▶ _WORK ORDER_
Which lines belong in the answer? Exactly those from the line containing "full = h.full;" through the last line of the records below, repeated as written.
RECORDS FOR THE EXERCISE Start Marker
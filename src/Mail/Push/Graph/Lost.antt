-- ===== src/Mail/Push/Graph/Lost.antt =====
-- What becomes of a Graph notification whose job the broker refuses.
use mail_control.Base.{
  ℕ, ◌+◌, ◌<◌, ◌≡◌, refl, ◌∙◌, String, true, false, some, ◌∷◌, arith, same_self, same, same_opt,
  find_first, Bool-cases, Option-cases, inl, inr, truthy,
}
use mail_control.Base.Exec.{ok, err}
use mail_control.Mail.Push.Dedupe.{
  DedupeKey, microsoft_graph, same_key, PushState, Services, is_held, claim_key,
}
use mail_control.Mail.Push.Gmail.Retry.{recovered}
use mail_control.Mail.Push.Graph.{
  GraphSubscription, Notification, notification_identity, GraphState, broker_error, has_id, deliver,
  on_subscription, on_id, sync_job, enqueue_from_graph_notification,
}

-- A notification without the secret of a subscription that is known enqueues nothing: where its
-- subscription or its client state is not the stored one, no table, key or job changes.
pub graph_rejects :
    (env : Services) (n : Notification) (s : GraphState)
    → ((id : String) (g : GraphSubscription)
        → n.subscription_id ≡ some id
        → find_first (has_id id) s.subscriptions ≡ some g
        → same_opt same n.client_state (some g.client_state) ≡ false)
    → (enqueue_from_graph_notification env n s).1 ≡ s
unfolding enqueue_from_graph_notification on_id on_subscription
graph_rejects env n s h = elim (Option-cases n.subscription_id) [
  | inl missing ↦ rw (enqueue_from_graph_notification, missing) refl
  | inr (id, given) ↦ elim (Bool-cases (truthy id)) [
    | inr empty ↦ rw (enqueue_from_graph_notification, given) (rw (on_id, empty) refl)
    | inl full ↦ elim (Option-cases (find_first (has_id id) s.subscriptions)) [
      | inl unknown ↦ rw (enqueue_from_graph_notification, given) (rw (on_id, full, unknown) refl)
      | inr (g, known) ↦
          rw (enqueue_from_graph_notification, given)
            (rw (on_id, full, known) (rw (on_subscription, h id g given known) refl))
    ]
  ]
]

-- A notification that is known, and is delivered to `deliver`.
pub record IsKnown (n : Notification) (s : GraphState) (id : String) (g : GraphSubscription)
    : Type 0 where
  pub given : n.subscription_id ≡ some id
  pub full : truthy id ≡ true
  pub known : find_first (has_id id) s.subscriptions ≡ some g
  pub secret : same_opt same n.client_state (some g.client_state) ≡ true

enqueue-deliver :
    (env : Services) (n : Notification) (s : GraphState) (id : String) (g : GraphSubscription)
    → IsKnown n s id g
    → enqueue_from_graph_notification env n s ≡ deliver env n id g s
unfolding enqueue_from_graph_notification on_id on_subscription
enqueue-deliver env n s id g h =
    rw (enqueue_from_graph_notification, h.given)
      (rw (on_id, h.full, h.known) (rw (on_subscription, h.secret) refl))

module _ (env : Services) (n : Notification) (up : env.redis_is_up ≡ true) where
  abbrev key_for : String → DedupeKey
  key_for id = microsoft_graph id (notification_identity n)

  deliver_refused :
      (id : String) (g : GraphSubscription) (s : GraphState)
      → is_held env.now (key_for id) s.push ≡ false
      → env.broker_takes (sync_job g) ≡ false
      → deliver env n id g s ≡ (
        err broker_error,
        record s { push = record s.push { keys = (key_for id, env.now + env.ttl) ∷ s.push.keys } },
      )
  unfolding deliver claim_key
  deliver_refused id g s free refuses = rw (deliver, claim_key, up, free, refuses) refl

  deliver_duplicate :
      (id : String) (g : GraphSubscription) (s : GraphState)
      → is_held env.now (key_for id) s.push ≡ true
      → ((deliver env n id g s).0 ≡ ok false)
        × ((deliver env n id g s).1.push.published ≡ s.push.published)
  unfolding deliver claim_key
  deliver_duplicate id g s held = rw (deliver, claim_key, up, held) (refl, refl)

key_held :
    (env : Services) (later : ℕ) (id : String) (n : Notification) (p : PushState)
    → later < env.now + env.ttl
    → let key = microsoft_graph id (notification_identity n) in
      is_held later key (record p { keys = (key, env.now + env.ttl) ∷ p.keys }) ≡ true
unfolding same_key
key_held env later id n p soon =
    ground (arith, soon, same_self id, same_self (notification_identity n))

-- When the broker refuses the job of a notification, the key of the notification stays in Redis: at
-- every time before that ends, the notification is not enqueued when it is delivered again, though
-- the broker takes every job then.
pub graph_lost :
    (env : Services) (later : ℕ) (n : Notification) (s : GraphState) (id : String)
    (g : GraphSubscription)
    → env.redis_is_up ≡ true
    → later < env.now + env.ttl
    → IsKnown n s id g
    → is_held env.now (microsoft_graph id (notification_identity n)) s.push ≡ false
    → env.broker_takes (sync_job g) ≡ false
    → let (r, s1) = enqueue_from_graph_notification env n s in
      let (r', s2) = enqueue_from_graph_notification (recovered later env) n s1 in
      (r ≡ err broker_error) × (r' ≡ ok false) × (s2.push.published ≡ s.push.published)
graph_lost env later n s id g up soon h free refuses =
    let s1 : GraphState = record s {
      push = record s.push {
        keys = (microsoft_graph id (notification_identity n), env.now + env.ttl) ∷ s.push.keys;
      };
    } in
    let first : enqueue_from_graph_notification env n s ≡ (err broker_error, s1) =
      enqueue-deliver env n s id g h ∙ deliver_refused env n up id g s free refuses in
    let again : IsKnown n s1 id g = record {
      given = h.given;
      full = h.full;
      known = h.known;
      secret = h.secret;
    } in
    let second = enqueue-deliver (recovered later env) n s1 id g again in
    let dup =
      deliver_duplicate (recovered later env) n up id g s1 (key_held env later id n s.push soon) in
    rw first (rw second (refl, dup.0, dup.1))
RECORDS FOR THE EXERCISE End Marker
▶ _OUTPUT OF THE EXERCISE_
      full = h.full;
      known = h.known;
      secret = h.secret;
    } in
    let second = enqueue-deliver (recovered later env) n s1 id g again in
    let dup =
      deliver_duplicate (recovered later env) n up id g s1 (key_held env later id n s.push soon) in
    rw first (rw second (refl, dup.0, dup.1))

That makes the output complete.